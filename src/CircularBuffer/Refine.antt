-- ===== src/CircularBuffer/Refine.antt =====
-- A valid circular buffer behaves as the bounded queue of the items that it holds.
use opennan.Prelude.{
  ◌↔◌, ℕ, zero, suc, ◌+◌, ◌-◌, ◌≤◌, ◌<◌, ◌≡◌, refl, ap, Bool, true, false, List, [], ◌∷◌, ◌++◌,
  arith, ltb, if◌then◌else◌, length, get_or, set, Bool-cases, inl, inr,
}
use opennan.Prelude.Int.{ℤ, pos, minus_one}
use opennan.CircularBuffer.Queue
use opennan.CircularBuffer.Queue.{Queue, Op, puts, overrides, gets}
use opennan.CircularBuffer.{CircularBuf, put, put_override, get, size, is_full, is_empty}
use opennan.CircularBuffer.Inv.{IsValid, put-IsValid, put_override-IsValid, get-IsValid}
use opennan.CircularBuffer.Items.{
  next, next_index-eq-next, items, items_pos, items-set, contents, length-contents,
}

-- Where the next item goes, and how many there are, under the invariant.
head_behind :
    {c : CircularBuf}
    → IsValid c
    → c.full ≡ false
    → (size c < c.capacity)
      × (c.head ≡ (
          if ltb (c.tail + size c) c.capacity
          then c.tail + size c
          else c.tail + size c - c.capacity))
unfolding size
head_behind v e = ground arith

put_full : (c : CircularBuf) (x : ℕ) → c.full ≡ true → put c x ≡ (minus_one, c)
unfolding put
put_full c x e = ground arith

put_room : (c : CircularBuf) (x : ℕ) → c.full ≡ false → put c x ≡ (pos 0, put_override c x)
unfolding put put_override
put_room c x e = ground arith

size_full : (c : CircularBuf) → c.full ≡ true → size c ≡ c.capacity
unfolding size
size_full c e = ground arith

-- What one write does to the fields and to the number of items.
put_override_fields :
    {c : CircularBuf} (x : ℕ)
    → IsValid c
    → let c' = put_override c x in
      (c'.buffer ≡ set c.buffer c.head x)
      × (c'.capacity ≡ c.capacity)
      × (c'.tail ≡ (if c.full then next c.capacity c.tail else c.tail))
      × (size c' ≡ (if c.full then c.capacity else suc (size c)))
unfolding put_override size
put_override_fields {c} x v = ground (
  arith,
  v.full_meets,
  next_index-eq-next c.tail c.capacity,
  next_index-eq-next c.head c.capacity,
)

contents-put_override_room :
    {c : CircularBuf} (x : ℕ)
    → IsValid c
    → c.full ≡ false
    → contents (put_override c x) ≡ contents c ++ x ∷ []
contents-put_override_room {c} x v e =
    let (b, k, t, n) = put_override_fields x v in
    let (p, q) = head_behind v e in
    ground (
      arith,
      b,
      k,
      t,
      n,
      items-set c.buffer c.capacity x (size c) c.tail c.head v.storage v.tail_in p q,
    )

contents-put_override_full :
    {c : CircularBuf} (x : ℕ)
    → IsValid c
    → c.full ≡ true
    → contents (put_override c x) ≡ Queue.oldest_dropped (contents c) ++ x ∷ []
contents-put_override_full {c} x v e =
    let (b, k, t, n) = put_override_fields x v in
    let written =
      items-set c.buffer c.capacity x (c.capacity - 1) (next c.capacity c.tail) c.head v.storage
        (ground arith) (ground arith) (ground (arith, v.full_meets e)) in
    ground (
      arith,
      b,
      k,
      t,
      n,
      size_full c e,
      written,
      items_pos c.buffer c.capacity c.tail c.capacity,
      items_pos (set c.buffer c.head x) c.capacity (next c.capacity c.tail) c.capacity,
    )

-- `circular_buf_put` returns the status of the bounded queue's `put` and leaves the buffer holding
-- its queue: a full buffer refuses and keeps its items, any other takes the item at the end.
pub put_refines :
    {c : CircularBuf} (x : ℕ)
    → IsValid c
    → let (s, c') = put c x in (s, contents c') ≡ Queue.put c.capacity (contents c) x
put_refines {c} x v = elim (Bool-cases c.full) [
  | inl e ↦ ground (arith, put_full c x e, length-contents c, size_full c e)
  | inr e ↦
      ground (
        arith,
        put_room c x e,
        length-contents c,
        head_behind v e,
        contents-put_override_room x v e,
      )
]

-- `circular_buf_put_override` always takes the item, and a full buffer loses its oldest one only.
pub put_override_refines :
    {c : CircularBuf} (x : ℕ)
    → IsValid c
    → contents (put_override c x) ≡ Queue.put_override c.capacity (contents c) x
put_override_refines {c} x v = elim (Bool-cases c.full) [
  | inl e ↦ ground (arith, length-contents c, size_full c e, contents-put_override_full x v e)
  | inr e ↦ ground (arith, length-contents c, head_behind v e, contents-put_override_room x v e)
]

get_fields :
    {c : CircularBuf} (x : ℕ)
    → IsValid c
    → let c' = (get c x false).2 in
      (0 < size c
        → (c'.buffer ≡ c.buffer)
          × (c'.capacity ≡ c.capacity)
          × (c'.tail ≡ next c.capacity c.tail)
          × (size c' ≡ size c - 1))
unfolding get size
get_fields {c} x v = ground (arith, v.full_meets, next_index-eq-next c.tail c.capacity)

get_status :
    {c : CircularBuf} (x : ℕ) (peek : Bool)
    → IsValid c
    → (size c ≡ 0 → get c x peek ≡ (minus_one, 0, c))
      × (0 < size c → ((get c x peek).0 ≡ pos 0) × ((get c x peek).1 ≡ get_or c.buffer c.tail 0))
      × (0 < size c → (get c x true).2 ≡ c)
unfolding get size
get_status {c} x peek v = ground (arith, v.full_meets)

-- `circular_buf_get` returns the status and the item of the queue's `get` (NULL and -1 if there is
-- none) whatever `*data` held before, and takes the item out unless it only peeks.
pub get_refines :
    {c : CircularBuf} (x : ℕ) (peek : Bool)
    → IsValid c
    → let (s, y, c') = get c x peek in (s, y, contents c') ≡ Queue.get (contents c) peek
get_refines {c} x true v =
    ground (arith, get_status x true v, items_pos c.buffer c.capacity c.tail (size c))
get_refines {c} x false v =
    ground
      (arith, get_status x false v, get_fields x v, items_pos c.buffer c.capacity c.tail (size c))

-- A client's calls in order, with the status and the item of each.
unfoldable pub run : CircularBuf → List Op → List (ℤ × ℕ)
run c [] = []
run c (puts x ∷ ops) = let (s, c') = put c x in (s, x) ∷ run c' ops
run c (overrides x ∷ ops) = run (put_override c x) ops
run c (gets x peek ∷ ops) = let (s, y, c') = get c x peek in (s, y) ∷ run c' ops

pub capacity_kept :
    (c : CircularBuf) (x : ℕ) (peek : Bool)
    → ((put c x).1.capacity ≡ c.capacity)
      × ((put_override c x).capacity ≡ c.capacity)
      × ((get c x peek).2.capacity ≡ c.capacity)
unfolding put put_override get
capacity_kept c x peek = ground arith

-- No sequence of calls tells a valid circular buffer from the bounded queue of its contents.
pub run_refines :
    (ops : List Op) {c : CircularBuf}
    → IsValid c
    → run c ops ≡ Queue.run c.capacity (contents c) ops
unfolding run Queue.run
run_refines [] v = refl
run_refines (puts x ∷ ops) {c} v =
    rw (run_refines ops (put-IsValid x v), ← put_refines x v, (capacity_kept c x true).0)
run_refines (overrides x ∷ ops) {c} v = rw (
  run_refines ops (put_override-IsValid x v),
  ← put_override_refines x v,
  (capacity_kept c x true).1,
)
run_refines (gets x peek ∷ ops) {c} v =
    rw (run_refines ops (get-IsValid x peek v), ← get_refines x peek v, (capacity_kept c x peek).2)

numbers :
    {c : CircularBuf}
    → IsValid c
    → (size c ≤ c.capacity)
      × ((is_empty c ≡ true) ↔ (size c ≡ 0))
      × ((is_full c ≡ true) ↔ (size c ≡ c.capacity))
unfolding size is_empty is_full
numbers v = ground (arith, v.full_meets)

-- `circular_buf_size` never exceeds the capacity, and is the number of items that can be got:
-- `circular_buf_empty` holds exactly at none, `circular_buf_full` exactly at the capacity.
pub size_bounds :
    {c : CircularBuf}
    → IsValid c
    → (size c ≤ c.capacity)
      × ((is_empty c ≡ true) ↔ (contents c ≡ []))
      × ((is_full c ≡ true) ↔ (length (contents c) ≡ c.capacity))
size_bounds {c} v = (
  (numbers v).0,
  (
    (λ e. no_items (size c) c.tail ((numbers v).1.0 e)),
    (λ e. (numbers v).1.1 (omega (arith, ap length e, length-contents c))),
  ),
  (
    (λ e. omega (arith, length-contents c, (numbers v).2.0 e)),
    (λ e. (numbers v).2.1 (omega (arith, length-contents c))),
  ),
)
  where
    no_items : (n t : ℕ) → n ≡ 0 → items c.buffer c.capacity t n ≡ []
    no_items zero t e = refl
    no_items (suc n) t e = absurd (omega arith)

** What the task asks **
Within the entries, how many lines contain the word "unfolding"? Answer with a number alone.

** Final answer **
10